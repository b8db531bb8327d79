-- ===== src/SecurityRevocation/Records/Intent.antt =====
-- The durable intent of a revocation (security_revocation.py).
use voucher_management_deskt.Calendar.{Calendar, normalize_now}
use voucher_management_deskt.Database.Queries.{
  has_event, is_revoked, is_revoke_requested, has_event-insert_event, insert_event, is_archived,
}
use voucher_management_deskt.Database.Action.{
  Result, ok, transaction, transaction-ok, ok_injective, Result-cases, guard-ok, value_error,
  missing_operator,
}
use voucher_management_deskt.Database.Rows.{
  Db, Details, text, flag, security_revoke_requested, operator, has_id,
}
use voucher_management_deskt.SecurityRevocation.Records.{
  request_in_transaction, is_live_row, record_security_revocation_request,
}
use voucher_management_deskt.Prelude.{
  refl, ℕ, String, Bool, Bool-cases, inl, ◌≡◌, true, arith, inr, false, ◌||◌, some, ◌∷◌, [],
  eqb_refl, ap, any_by, sym, ◌∙◌, ◌&&◌, not, is_empty, strip,
}

-- the history holds a request or a confirmed revocation
abbrev pub is_marked : ℕ → Db → Bool
is_marked k db = has_event is_revoked k db || has_event is_revoke_requested k db

-- a row that is there, and marked already: nothing is written
marked_already :
    (stamp user : String) (k : ℕ) (db : Db)
    → is_live_row k db ≡ true
    → is_marked k db ≡ true
    → request_in_transaction stamp user k db ≡ (ok true, db)
unfolding request_in_transaction
marked_already stamp user k db l m = rw (l, m) refl

-- what one call of the transaction does
record Marks (k : ℕ) (db : Db) (out : Result Bool × Db) : Type 0 where
  returned : out.0 ≡ ok (is_live_row k db)
  same_vouchers : out.1.vouchers ≡ db.vouchers
  marked : is_live_row k db ≡ true → is_marked k out.1 ≡ true
  untouched : is_live_row k db ≡ false → out.1 ≡ db

request-Marks :
    (stamp user : String) (k : ℕ) (db : Db) → Marks k db (request_in_transaction stamp user k db)
unfolding request_in_transaction insert_event
request-Marks stamp user k db = elim (Bool-cases (is_live_row k db)) [
  | inl l ↦ elim (Bool-cases (is_marked k db)) [
    | inl m ↦
        rw (l, m)
          (record {
            returned = rw l refl;
            same_vouchers = refl;
            marked = λ h. m;
            untouched = λ h. absurd (ground (arith, h, l));
          })
    | inr m ↦
        let details : Details = some (
          ("reason", text "printed_unused_threshold")
          ∷ ("remote_delete_confirmed", flag false)
          ∷ []) in
        let q =
          has_event-insert_event is_revoke_requested k k security_revoke_requested stamp operator
            (some user) details db in
        rw (l, m)
          (record {
            returned = rw l refl;
            same_vouchers = refl;
            marked = λ h. ground (arith, q, eqb_refl k);
            untouched = λ h. absurd (ground (arith, h, l));
          })
  ]
  | inr l ↦ rw l (record {
    returned = rw l refl;
    same_vouchers = refl;
    marked = λ h. absurd (ground (arith, h, l));
    untouched = λ h. refl;
  })
]

-- a transaction that marks, and the same transaction once more
pub record IsMarked (k : ℕ) (db db' : Db) : Type 0 where
  pub live : is_live_row k db ≡ true
  pub marked : is_marked k db' ≡ true
  pub same_vouchers : db'.vouchers ≡ db.vouchers

transaction-IsMarked :
    (stamp user : String) (k : ℕ) (db : Db)
    → (transaction (request_in_transaction stamp user k) db).0 ≡ ok true
    → IsMarked k db (transaction (request_in_transaction stamp user k) db).1
transaction-IsMarked stamp user k db h =
    let (p, q) = transaction-ok (request_in_transaction stamp user k) db h in
    let m = request-Marks stamp user k db in
    let l : is_live_row k db ≡ true = ok_injective (sym m.returned ∙ p) in
    rw q (record { live = l; marked = m.marked l; same_vouchers = m.same_vouchers })

transaction_again :
    (stamp user : String) (k : ℕ) (db db' : Db)
    → IsMarked k db db'
    → transaction (request_in_transaction stamp user k) db' ≡ (ok true, db')
unfolding transaction
transaction_again stamp user k db db' m =
    rw
      (marked_already stamp user k db'
        (ap (any_by (λ v. has_id k v && not (is_archived v))) m.same_vouchers ∙ m.live) m.marked)
      refl

-- An intent that is recorded is of a row that is there and not archived; afterwards the history holds a
-- request or a confirmed revocation of it, and no voucher has changed; and the same call once more
-- returns the same, and writes nothing.
pub intent_is_durable :
    (cal : Calendar) (k : ℕ) (requested_at user : String) (db : Db)
    → (record_security_revocation_request cal k requested_at user db).0 ≡ ok true
    → IsMarked k db (record_security_revocation_request cal k requested_at user db).1
      × (record_security_revocation_request cal k requested_at user
            (record_security_revocation_request cal k requested_at user db).1
          ≡ (ok true, (record_security_revocation_request cal k requested_at user db).1))
unfolding record_security_revocation_request
intent_is_durable cal k requested_at user db h =
    elim (Result-cases (normalize_now cal requested_at)) [
      | inr (x, e) ↦ absurd (ground (arith, rw e at h))
      | inl (stamp, e) ↦
          let (b, q) =
            guard-ok (is_empty (strip user)) (value_error missing_operator)
              (transaction (request_in_transaction stamp (strip user) k)) db (rw e at h) in
          let m = transaction-IsMarked stamp (strip user) k db (rw (e, b) at h) in
          rw (e, b) (m, transaction_again stamp (strip user) k db _ m)
    ]
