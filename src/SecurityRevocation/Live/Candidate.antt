-- ===== src/SecurityRevocation/Live/Candidate.antt =====
-- What becomes of one candidate of a batch of security_revocation.py.
use voucher_management_deskt.Database.Action.{Result-cases, ok, Error, err}
use voucher_management_deskt.SecurityRevocation.Records.{
  record_security_revocation_request, record_security_revocations, delete_response,
}
use voucher_management_deskt.Models.{ApiVoucher}
use voucher_management_deskt.Database.Rows.{Db}
use voucher_management_deskt.Prelude.{
  String, List, ◌≡◌, strip, ◌++◌, ◌==◌, ◌∷◌, true, [], codes_eqb, ◌≢◌, upper, ◌⊎◌, codes, false,
  inr, inl, arith, Bool-cases, eqb_iff, ℕ, ap, sym, ◌∙◌, subst,
}
use voucher_management_deskt.Calendar.{Calendar}
use voucher_management_deskt.SecurityRevocation.Live.{
  after_delete, revoke_live, SecurityRevocationCandidate, World, RevocationClass, revoked,
  live_security_revocation_allowed, failed, persistence_failed,
}
use voucher_management_deskt.SecurityRevocation.Records.Intent.{IsMarked, intent_is_durable}
use voucher_management_deskt.Workflows.Remote.{
  Reply-cases, UniFi, Call, answer, get_voucher, delete_vouchers, call_delete, RemoteError, fail,
}

allowed-lem :
    (candidate : SecurityRevocationCandidate) (live : ApiVoucher)
    → live_security_revocation_allowed candidate live ≡ true
    → ((strip live.id == candidate.unifi_id) ≡ true)
      × (live.used ≡ 0)
      × (codes_eqb (upper (codes live.status)) (codes "EXPIRED") ≡ false)
unfolding live_security_revocation_allowed
allowed-lem candidate live h = ground (arith, eqb_iff live.used 0)

module _ (cal : Calendar) (unifi : UniFi) (revoked_at windows_user : String) where
  abbrev deletion : SecurityRevocationCandidate → Db → List Call → RevocationClass × World
  deletion candidate db log =
      after_delete cal unifi revoked_at windows_user candidate db
        (call_delete unifi (candidate.unifi_id ∷ []) log)

  -- The candidate was read, and is not in use: so it was requested, and only then deleted.
  pub record IsDeletion (candidate : SecurityRevocationCandidate) (db : Db) (log : List Call)
      (requested_db : Db) : Type 0 where
    pub live : ApiVoucher
    pub read : unifi.on_get log candidate.unifi_id ≡ answer live
    pub same_id : (strip live.id == candidate.unifi_id) ≡ true
    pub unused : live.used ≡ 0
    pub not_expired : codes_eqb (upper (codes live.status)) (codes "EXPIRED") ≡ false
    pub requested : IsMarked candidate.voucher_id db requested_db

  -- What the reply to the deletion decides, from the tables with the request: no answer is a failure, and
  -- changes nothing; after an answer the row is recorded as revoked, and reported so if that succeeds.
  pub IsConcluded : SecurityRevocationCandidate → List Call → Db → RevocationClass × World → Type 0
  IsConcluded candidate log requested_db out =
      ((e : RemoteError) × (unifi.on_delete log (candidate.unifi_id ∷ []) ≡ fail e)
        × (out.0 ≡ failed)
        × (out.1.0 ≡ requested_db))
      ⊎ ((ids : List ℕ) × (unifi.on_delete log (candidate.unifi_id ∷ []) ≡ answer tt)
          × (out.0 ≡ revoked)
          × (record_security_revocations cal (candidate.voucher_id ∷ []) revoked_at windows_user
                delete_response requested_db
              ≡ (ok ids, out.1.0)))
      ⊎ ((e : Error) × (unifi.on_delete log (candidate.unifi_id ∷ []) ≡ answer tt)
          × (out.0 ≡ persistence_failed)
          × (record_security_revocations cal (candidate.voucher_id ∷ []) revoked_at windows_user
                delete_response requested_db
              ≡ (err e, out.1.0)))

  -- One candidate: it is read; and either that is all, and it is not reported as revoked, or the one
  -- further call is its deletion, with all the evidence, from the tables that hold the request.
  pub IsSafe : SecurityRevocationCandidate → World → RevocationClass × World → Type 0
  IsSafe candidate w out =
      ((out.1.1 ≡ w.1 ++ get_voucher candidate.unifi_id ∷ []) × (out.0 ≢ revoked))
      ⊎ ((requested_db : Db) × (out.1.1
            ≡ (w.1 ++ get_voucher candidate.unifi_id ∷ [])
              ++ delete_vouchers (candidate.unifi_id ∷ []) ∷ [])
          × IsDeletion candidate w.0 w.1 requested_db
          × IsConcluded candidate (w.1 ++ get_voucher candidate.unifi_id ∷ []) requested_db out)

  after_delete-sent :
      (candidate : SecurityRevocationCandidate) (db : Db) (log : List Call)
      → (deletion candidate db log).1.1 ≡ log ++ delete_vouchers (candidate.unifi_id ∷ []) ∷ []
  after_delete-sent candidate db log =
      let work =
        record_security_revocations cal (candidate.voucher_id ∷ []) revoked_at windows_user
          delete_response in
      elim (Reply-cases (unifi.on_delete log (candidate.unifi_id ∷ []))) [
        | inr (e, r) ↦ ground arith
        | inl (a, r) ↦ elim (Result-cases (work db).0) [
          | inr (e, q) ↦ ground arith
          | inl (ids, q) ↦ ground arith
        ]
      ]

  after_delete-IsConcluded :
      (candidate : SecurityRevocationCandidate) (db : Db) (log : List Call)
      → IsConcluded candidate log db (deletion candidate db log)
  unfolding IsConcluded
  after_delete-IsConcluded candidate db log =
      let work =
        record_security_revocations cal (candidate.voucher_id ∷ []) revoked_at windows_user
          delete_response in
      elim (Reply-cases (unifi.on_delete log (candidate.unifi_id ∷ []))) [
        | inr (e, r) ↦ inl (e, r, ground arith, ground arith)
        | inl (a, r) ↦ elim (Result-cases (work db).0) [
          | inr (e, q) ↦ inr (inr (e, r, ground arith, ground arith))
          | inl (ids, q) ↦ inr (inl (ids, r, ground arith, ground arith))
        ]
      ]

  pub revoke_live-IsSafe :
      (candidate : SecurityRevocationCandidate) (w : World)
      → IsSafe candidate w (revoke_live cal unifi revoked_at windows_user candidate w)
  unfolding IsSafe revoke_live
  revoke_live-IsSafe candidate (db, log) =
      let log1 = log ++ get_voucher candidate.unifi_id ∷ [] in
      let request =
        record_security_revocation_request cal candidate.voucher_id revoked_at windows_user in
      elim (Reply-cases (unifi.on_get log candidate.unifi_id)) [
        | inr (e, r) ↦ inl (ground arith, ground arith)
        | inl (live, r) ↦ elim (Bool-cases (live_security_revocation_allowed candidate live)) [
          | inr a ↦ inl (ground arith, ground arith)
          | inl a ↦ elim (Result-cases (request db).0) [
            | inr (e, q) ↦ inl (ground arith, ground arith)
            | inl (false, q) ↦ inl (ground arith, ground arith)
            | inl (true, q) ↦
                (let (same, used, expired) = allowed-lem candidate live a in
                  let out = revoke_live cal unifi revoked_at windows_user candidate (db, log) in
                  let run : deletion candidate (request db).1 log1 ≡ out = ground arith in
                  inr (
                    (request db).1,
                    ap (λ o. o.1.1) (sym run) ∙ after_delete-sent candidate (request db).1 log1,
                    record {
                      live = live;
                      read = r;
                      same_id = same;
                      unused = used;
                      not_expired = expired;
                      requested =
                          (intent_is_durable cal candidate.voucher_id revoked_at windows_user db
                            q).0;
                    },
                    subst (IsConcluded candidate log1 (request db).1) run
                        (after_delete-IsConcluded candidate (request db).1 log1),
                  ))
          ]
        ]
      ]
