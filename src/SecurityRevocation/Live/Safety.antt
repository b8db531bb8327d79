-- ===== src/SecurityRevocation/Live/Safety.antt =====
-- Which deletions a batch of security_revocation.py sends, and what it reports of each candidate.
use voucher_management_deskt.SecurityRevocation.Live.Candidate.{IsSafe}
use voucher_management_deskt.Prelude.{String, List, ◌≡◌, ◌∷◌, [], ℕ, count_by, eqb, ◌+◌}
use voucher_management_deskt.Calendar.{Calendar}
use voucher_management_deskt.SecurityRevocation.Live.{
  SecurityRevocationCandidate, World, RevocationClass, revoked, SecurityRevocationBatchResult,
  revoke_security_candidates_live, skipped, failed, persistence_failed, no_results,
}
use voucher_management_deskt.Workflows.Remote.{UniFi}

module _ (cal : Calendar) (unifi : UniFi) (revoked_at windows_user : String) where
  -- what a class adds to the four lists of the result
  abbrev pub IsReported :
      RevocationClass → ℕ → SecurityRevocationBatchResult → SecurityRevocationBatchResult → Type 0
  IsReported revoked k rest b = b ≡ record rest { revoked_ids = k ∷ rest.revoked_ids }
  IsReported skipped k rest b = b ≡ record rest { skipped_ids = k ∷ rest.skipped_ids }
  IsReported failed k rest b = b ≡ record rest { failed_ids = k ∷ rest.failed_ids }
  IsReported persistence_failed k rest b =
      b ≡ record rest { local_persistence_failed_ids = k ∷ rest.local_persistence_failed_ids }

  -- a result with the tables and the log, as a safe run of every candidate, each from what the one before
  -- has left, and reported as what it came to
  pub AreSafe :
      List SecurityRevocationCandidate → World → SecurityRevocationBatchResult × World → Type 0
  AreSafe [] w out = (out.0 ≡ no_results) × (out.1 ≡ w)
  AreSafe (candidate ∷ candidates) w out =
      (kind : RevocationClass) × (w' : World) × (rest : SecurityRevocationBatchResult) × IsSafe cal
        unifi revoked_at windows_user candidate w (kind, w')
      × IsReported kind candidate.voucher_id rest out.0
      × AreSafe candidates w' (rest, out.1)

  abbrev pub result : List SecurityRevocationCandidate → World → SecurityRevocationBatchResult
  result candidates w =
      (revoke_security_candidates_live cal unifi revoked_at windows_user candidates w).0

  -- how often a row is reported
  abbrev pub reports : ℕ → SecurityRevocationBatchResult → ℕ
  reports k b =
      count_by (eqb k) b.revoked_ids
      + count_by (eqb k) b.skipped_ids
      + count_by (eqb k) b.failed_ids
      + count_by (eqb k) b.local_persistence_failed_ids
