-- ===== src/SecurityRevocation/Live/Tests.antt =====
-- A batch of two candidates (security_revocation.py): one is used by now.
use voucher_management_deskt.Prelude.{List, [], ℕ, if◌then◌else◌, ◌∷◌, String, ◌==◌, false}
use voucher_management_deskt.Samples.{first_voucher, second_voucher}
use voucher_management_deskt.Workflows.Remote.{UniFi, answer}
use voucher_management_deskt.SecurityRevocation.Live.{SecurityRevocationCandidate}

abbrev candidate : ℕ → String → SecurityRevocationCandidate
candidate k unifi_id = record {
  voucher_id = k;
  controller_id = 1;
  controller_name = "site";
  unifi_id = unifi_id;
  code = "12345-67890";
  recipient = "Ada";
  last_printed_at = "";
  print_date_known = false;
  last_seen_at = "2026-01-01";
  last_synced_at = "2026-01-01";
}

abbrev live_client : UniFi
live_client = record {
  on_list = λ log. answer [];
  on_get = λ log u.
      if u == "a" then answer first_voucher else answer (record second_voucher { used = 1 });
  on_create = λ log p. answer [];
  on_delete = λ log ids. answer tt;
}

abbrev candidates : List SecurityRevocationCandidate
candidates = candidate 1 "a" ∷ candidate 2 "b" ∷ []
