-- ===== src/SecurityRevocation/Reconciliation.antt =====
-- `pending_security_revocation_ids` and `reconcile_pending_security_revocations` of
-- security_revocation.py.
pub mod Omission
mod Tests
use voucher_management_deskt.SecurityRevocation.Records.{
  revocations_on_connection, direct_uuid_not_found,
}
use voucher_management_deskt.Database.Queries.{has_event, is_revoke_requested, is_revoked}
use voucher_management_deskt.Database.Rows.{
  Db, Event, Voucher, security_revoke_not_applied, system, text, flag,
}
use voucher_management_deskt.Calendar.{Calendar, normalize_now}
use voucher_management_deskt.Prelude.{
  List, [], ◌∷◌, String, Option, ℕ, map, if◌then◌else◌, update_by, Bool, is_nil, clean_ids,
  filter_by, ◌&&◌, elem, true, some, eqb, ◌==◌, none, not, strip, false, is_empty,
}
use voucher_management_deskt.Database.Action.{
  Action, ◌>>=◌, ◌>>◌, gets, modify, pure, lift, raise_if, value_error, missing_operator,
}

-- a request that no confirmed revocation has closed
abbrev pub is_pending : Db → Voucher → Bool
is_pending db v = has_event is_revoke_requested v.id db && not (has_event is_revoked v.id db)

abbrev in_scope : Option ℕ → Voucher → Bool
in_scope none v = true
in_scope (some c) v = eqb v.controller_id c

pub pending_security_revocation_ids : Option ℕ → Db → List ℕ
pending_security_revocation_ids c db =
    map (λ (v : Voucher). v.id) (filter_by (λ v. is_pending db v && in_scope c v) db.vouchers)

-- the rows of the first query
abbrev pub pending_rows : ℕ → Db → List Voucher
pending_rows c db = filter_by (λ v. is_pending db v && eqb v.controller_id c) db.vouchers

abbrev pub ids_in : List String → List Voucher → List ℕ
ids_in remote rows =
    map (λ (v : Voucher). v.id) (filter_by (λ v. elem ◌==◌ (strip v.unifi_id) remote) rows)

pub not_applied_event : String → String → Event → Event
not_applied_event stamp user e = record e {
  event_type = security_revoke_not_applied;
  occurred_at = stamp;
  source = system;
  windows_user = some user;
  details = some (
      ("reason", text "printed_unused_threshold")
      ∷ ("remote_delete_confirmed", flag false)
      ∷ ("fresh_snapshot_confirmed_present", flag true)
      ∷ []);
}

-- `close_present`: every request of the listed vouchers
pub close_present : String → String → List ℕ → Action (Unit {0})
unfolding not_applied_event
close_present stamp user ks = modify (λ db. record db {
  events =
      update_by (λ e. elem eqb e.voucher_id ks && is_revoke_requested e.event_type)
        (not_applied_event stamp user) db.events;
})

pub close_if_present : Calendar → String → String → List ℕ → Action (Unit {0})
unfolding close_present
close_if_present cal observed_at windows_user ks = if is_nil ks then pure tt else do
  stamp ← lift (normalize_now cal observed_at)
  raise_if (is_empty (strip windows_user)) (value_error missing_operator)
  close_present stamp (strip windows_user) ks

-- on the connection of the synchronization's transaction
pub reconcile_pending_security_revocations :
    Calendar → ℕ → List String → List String → String → String → Action (List ℕ)
unfolding close_if_present
reconcile_pending_security_revocations cal c live_ids absent_ids observed_at windows_user = do
  rows ← gets (pending_rows c)
  close_if_present cal observed_at windows_user (ids_in (clean_ids live_ids) rows)
  if is_nil (ids_in (clean_ids absent_ids) rows)
      then pure []
      else revocations_on_connection cal (ids_in (clean_ids absent_ids) rows) observed_at
          windows_user direct_uuid_not_found
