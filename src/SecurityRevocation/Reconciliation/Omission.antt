-- ===== src/SecurityRevocation/Reconciliation/Omission.antt =====
-- What a reconciliation (security_revocation.py) without a confirmed absence leaves alone.
use voucher_management_deskt.Database.Action.{Result-cases}
use voucher_management_deskt.Database.Queries.{has_event, is_revoked, is_revoke_requested}
use voucher_management_deskt.Calendar.{Calendar, normalize_now}
use voucher_management_deskt.Database.Rows.{
  Db, Voucher, Event, EventType, security_revoke_requested,
}
use voucher_management_deskt.SecurityRevocation.Reconciliation.{
  not_applied_event, reconcile_pending_security_revocations, close_if_present, close_present,
  ids_in, pending_rows,
}
use voucher_management_deskt.Prelude.{
  refl, clean_ids, from_keys, String, ◌≡◌, List, ℕ, ◌∷◌, [], any_by, eqb, inl, inr, ◌&&◌,
  Bool-cases, update_by, elem, is_empty, strip, arith, true, false,
}

none_absent : (vs : List Voucher) → ids_in (clean_ids []) vs ≡ []
unfolding clean_ids from_keys
none_absent [] = refl
none_absent (v ∷ vs) = none_absent vs

exclusive : (t : EventType) → is_revoke_requested t ≡ true → is_revoked t ≡ false
exclusive security_revoke_requested h = refl
exclusive _ h = ground arith

-- closing a request as not applied makes no event a revocation
not_revoked :
    (stamp user : String) (ks : List ℕ) (k : ℕ) (es : List Event)
    → any_by
        (λ (e : Event). eqb e.voucher_id k && is_revoked e.event_type)
        (update_by
          (λ e. elem eqb e.voucher_id ks && is_revoke_requested e.event_type)
          (not_applied_event stamp user)
          es)
      ≡ any_by (λ (e : Event). eqb e.voucher_id k && is_revoked e.event_type) es
unfolding not_applied_event
not_revoked stamp user ks k [] = refl
not_revoked stamp user ks k (e ∷ es) =
    ground (arith, not_revoked stamp user ks k es, exclusive e.event_type)

Keeps : Db → Db → Type 0
Keeps db db' =
    (db'.vouchers ≡ db.vouchers)
    × ((k : ℕ) → has_event is_revoked k db' ≡ has_event is_revoked k db)

close-Keeps :
    (cal : Calendar) (observed_at user : String) (ks : List ℕ) (db : Db)
    → Keeps db (close_if_present cal observed_at user ks db).1
unfolding close_if_present close_present Keeps
close-Keeps cal observed_at user [] db = (refl, λ k. refl)
close-Keeps cal observed_at user (j ∷ ks) db = elim (Result-cases (normalize_now cal observed_at)) [
  | inr (x, e) ↦ rw e (refl, λ k. refl)
  | inl (stamp, e) ↦ elim (Bool-cases (is_empty (strip user))) [
    | inl b ↦ rw (e, b) (refl, λ k. refl)
    | inr b ↦ rw (e, b) (refl, λ k. not_revoked stamp (strip user) (j ∷ ks) k db.events)
  ]
]

-- Without a confirmed absence, a reconciliation changes no voucher and confirms no revocation, whatever
-- the list holds or omits, and also when it raises.
pub omission_never_revokes :
    (cal : Calendar) (c : ℕ) (live_ids : List String) (observed_at user : String) (db : Db)
    → ((reconcile_pending_security_revocations cal c live_ids [] observed_at user db).1.vouchers
        ≡ db.vouchers)
      × ((k : ℕ)
          → has_event is_revoked k
              (reconcile_pending_security_revocations cal c live_ids [] observed_at user db).1
            ≡ has_event is_revoked k db)
unfolding reconcile_pending_security_revocations Keeps
omission_never_revokes cal c live_ids observed_at user db =
    let found = ids_in (clean_ids live_ids) (pending_rows c db) in
    elim (Result-cases (close_if_present cal observed_at user found db).0) [
      | inl (x, e) ↦
          rw (e, none_absent (pending_rows c db)) (close-Keeps cal observed_at user found db)
      | inr (x, e) ↦ rw e (close-Keeps cal observed_at user found db)
    ]
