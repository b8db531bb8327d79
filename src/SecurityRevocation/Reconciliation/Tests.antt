-- ===== src/SecurityRevocation/Reconciliation/Tests.antt =====
-- A pending revocation that a list omits (security_revocation.py).
use voucher_management_deskt.SecurityRevocation.Reconciliation.Omission.{omission_never_revokes}
use voucher_management_deskt.Database.Queries.{has_event, is_revoked}
use voucher_management_deskt.Prelude.{◌∷◌, [], some, ◌≡◌, none, ℕ}
use voucher_management_deskt.SecurityRevocation.Reconciliation.{
  reconcile_pending_security_revocations,
}
use voucher_management_deskt.Database.Rows.{Db, security_revoke_requested, operator}
use voucher_management_deskt.Samples.{sample_db, sample_calendar}

abbrev pending_db : Db
pending_db = record sample_db {
  events =
      record {
        id = 7;
        voucher_id = 2;
        event_type = security_revoke_requested;
        occurred_at = "2026-01-02";
        source = operator;
        windows_user = some "ada";
        details = none;
      }
      ∷ [];
}

omission_never_revokes_example :
    ((reconcile_pending_security_revocations sample_calendar 1
        ("b" ∷ [])
        []
        "2026-01-03"
        "SYSTEM"
        pending_db).1.vouchers
      ≡ pending_db.vouchers)
    × ((k : ℕ)
        → has_event is_revoked k
            (reconcile_pending_security_revocations sample_calendar 1
              ("b" ∷ [])
              []
              "2026-01-03"
              "SYSTEM"
              pending_db).1
          ≡ has_event is_revoked k pending_db)
omission_never_revokes_example =
    omission_never_revokes sample_calendar 1 ("b" ∷ []) "2026-01-03" "SYSTEM" pending_db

==================================================

[Problem description] What is the number of lines in the data that hold the string "Unit"? Answer with the number only.

[Your response] 2